Region-Kernel-based Support Vector Machines for Hyperspectral Image Classification

Project summary:

In this paper, based on the HSI spatial homogeneous regions and the kernel similarity metric, we propose a region-kernel based SVM (RKSVM) to classify the local homogeneous region of each HSI pixel. In the region classification, a key point is to measure the distance or the similarity between different regions, which is achieved by a novel region kernel in RKSVM. In detail, for each pixel x (spectral curve vector), a corresponding local region R containing x and its spatial neighbors is generated from either a distance similarity neighborhood or an area-filtering-based morphological neighborhood. As the local homogeneous distribution of an HSI, pixel x and its spatial neighbors show similar spectral features. That is, the spectral values of pixels in the local region R change in a small range.
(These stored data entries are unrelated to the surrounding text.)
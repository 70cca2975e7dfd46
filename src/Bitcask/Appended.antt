-- ===== src/Bitcask/Appended.antt =====
-- bitcask/main.go, appendEntry: what the append of an entry to the merge segment and its hint file leaves.
use design_pocs.Common.{
  ℕ, ◌+◌, ◌≤◌, ◌≡◌, refl, Option, none, some, arith, Bytes, length, take, Maybe, read_at, write_at,
  read_at-write_at_self,
}
use design_pocs.Bitcask.Store.{path_eq, path_key, KeyDirEntry, BitCask, file_of, write_file}
use design_pocs.Bitcask.Segment.{
  MergeSegment, MergeIo, data_path, hint_path, hint_record, Appended, hint_appended, data_appended,
  append_entry,
}
use design_pocs.Bitcask.Grown.{
  Grown, Current, Grown-trans, file_of-insert_ne, file_of-insert_eq, hint_write-Grown,
  data_write-Grown, advance-Grown,
}

-- A new entry: where it is, with which bytes, and that the segment does not write there again.
abbrev pub IsFresh : Bytes → ℕ → MergeSegment → Appended → KeyDirEntry → Type 0
IsFresh buf value_size m a e =
    (e.file_path ≡ data_path m)
    × (e.value_size ≡ value_size)
    × (read_at (file_of (data_path m) a.store.disk) e.file_entry_offset (length buf) ≡ some buf)
    × (e.file_entry_offset + length buf ≤ a.segment.data_offset)

-- What appendEntry leaves: the old bytes, and, where it gives an entry, the new ones at its place.
pub record HasAppended (buf : Bytes) (value_size : ℕ) (m : MergeSegment) (s : BitCask)
    (a : Appended) : Type 0 where
  pub grown : Grown s m a.store a.segment
  pub current : Current s m → Current a.store a.segment
  pub same_id : a.segment.id ≡ m.id
  pub fresh : Maybe (IsFresh buf value_size m a) a.new_entry

hint_appended-HasAppended :
    (hint : Option ℕ) (buf key : Bytes) (value_size : ℕ) (m : MergeSegment) (s t : BitCask)
    → Grown s m t m
    → (Current s m → Current t m)
    → read_at (file_of (data_path m) t.disk) m.data_offset (length buf) ≡ some buf
    → HasAppended buf value_size m s (hint_appended hint buf key value_size m t)
unfolding path_eq
hint_appended-HasAppended none buf key value_size m s t g c written =
    let hint = hint_record key value_size m.data_offset in
    let h = hint_write-Grown m.hint_offset hint m t in
    record {
      grown =
          advance-Grown s (write_file (hint_path m) m.hint_offset hint t) m (length buf)
            (m.hint_offset + length hint) (Grown-trans g h);
      current = λ cur. record { newest = (c cur).newest; filed = (c cur).filed };
      same_id = refl;
      fresh = (
        refl,
        refl,
        rw
            (file_of-insert_ne (data_path m) (hint_path m)
              (write_at (file_of (hint_path m) t.disk) m.hint_offset hint) t.disk refl)
            written,
        omega arith,
      );
    }
hint_appended-HasAppended (some n) buf key value_size m s t g c written =
    let hint = hint_record key value_size m.data_offset in
    record {
      grown = Grown-trans g (hint_write-Grown m.hint_offset (take n hint) m t);
      current = λ cur. record { newest = (c cur).newest; filed = (c cur).filed };
      same_id = refl;
      fresh = tt;
    }

data_appended-HasAppended :
    (first hint : Option ℕ) (buf key : Bytes) (value_size : ℕ) (m : MergeSegment) (s : BitCask)
    → HasAppended buf value_size m s (data_appended first hint buf key value_size m s)
data_appended-HasAppended none hint buf key value_size m s =
    let f = file_of (data_path m) s.disk in
    hint_appended-HasAppended hint buf key value_size m s
      (write_file (data_path m) m.data_offset buf s) (data_write-Grown buf m s)
      (λ cur. record { newest = cur.newest; filed = cur.filed })
      (rw (file_of-insert_eq (data_path m) (write_at f m.data_offset buf) s.disk)
        (read_at-write_at_self f m.data_offset buf))
data_appended-HasAppended (some n) hint buf key value_size m s = record {
  grown = data_write-Grown (take n buf) m s;
  current = λ cur. record { newest = cur.newest; filed = cur.filed };
  same_id = refl;
  fresh = tt;
}

pub append_entry-HasAppended :
    (io : MergeIo) (here : KeyDirEntry) (buf key : Bytes) (value_size : ℕ) (m : MergeSegment)
    (s : BitCask)
    → HasAppended buf value_size m s (append_entry io here buf key value_size m s)
unfolding append_entry
append_entry-HasAppended io here buf key value_size m s =
    data_appended-HasAppended (io.data_written here.file_path here.file_entry_offset)
      (io.hint_written here.file_path here.file_entry_offset) buf key value_size m s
Based on the range of spectral values in each band, it can determine an interval in each band and hence a regular box to be the Cartesian product of multiple intervals, which reflects the spectral variations of local homogeneous pixels in the region. To describe spectral variations more accurately and stably, multiscale boxes with different sizes are generated. For different regions, we can construct multiscale boxes for each region separately and compute the corresponding pairwise boxto-box similarities of different regions by means of box kernels. Then, the similarity between different regions is defined as a weighted average of pairwise box-to-box kernels, which is called the region kernel in this paper. Based on the region similarity metric, we can classify HSI regions.

Figure 1. Flowchart of the proposed RKSVM classification system.

Experimental results:

Reference:

Jiangtao Peng, Yicong Zhou*, and C. L. Philip Chen, “Region-Kernel-based Support Vector Machines for Hyperspectral Image Classification,” IEEE Transactions on Geoscience and Remote Sensing, vol. 53, no. 9, pp. 4810–4824, 2015.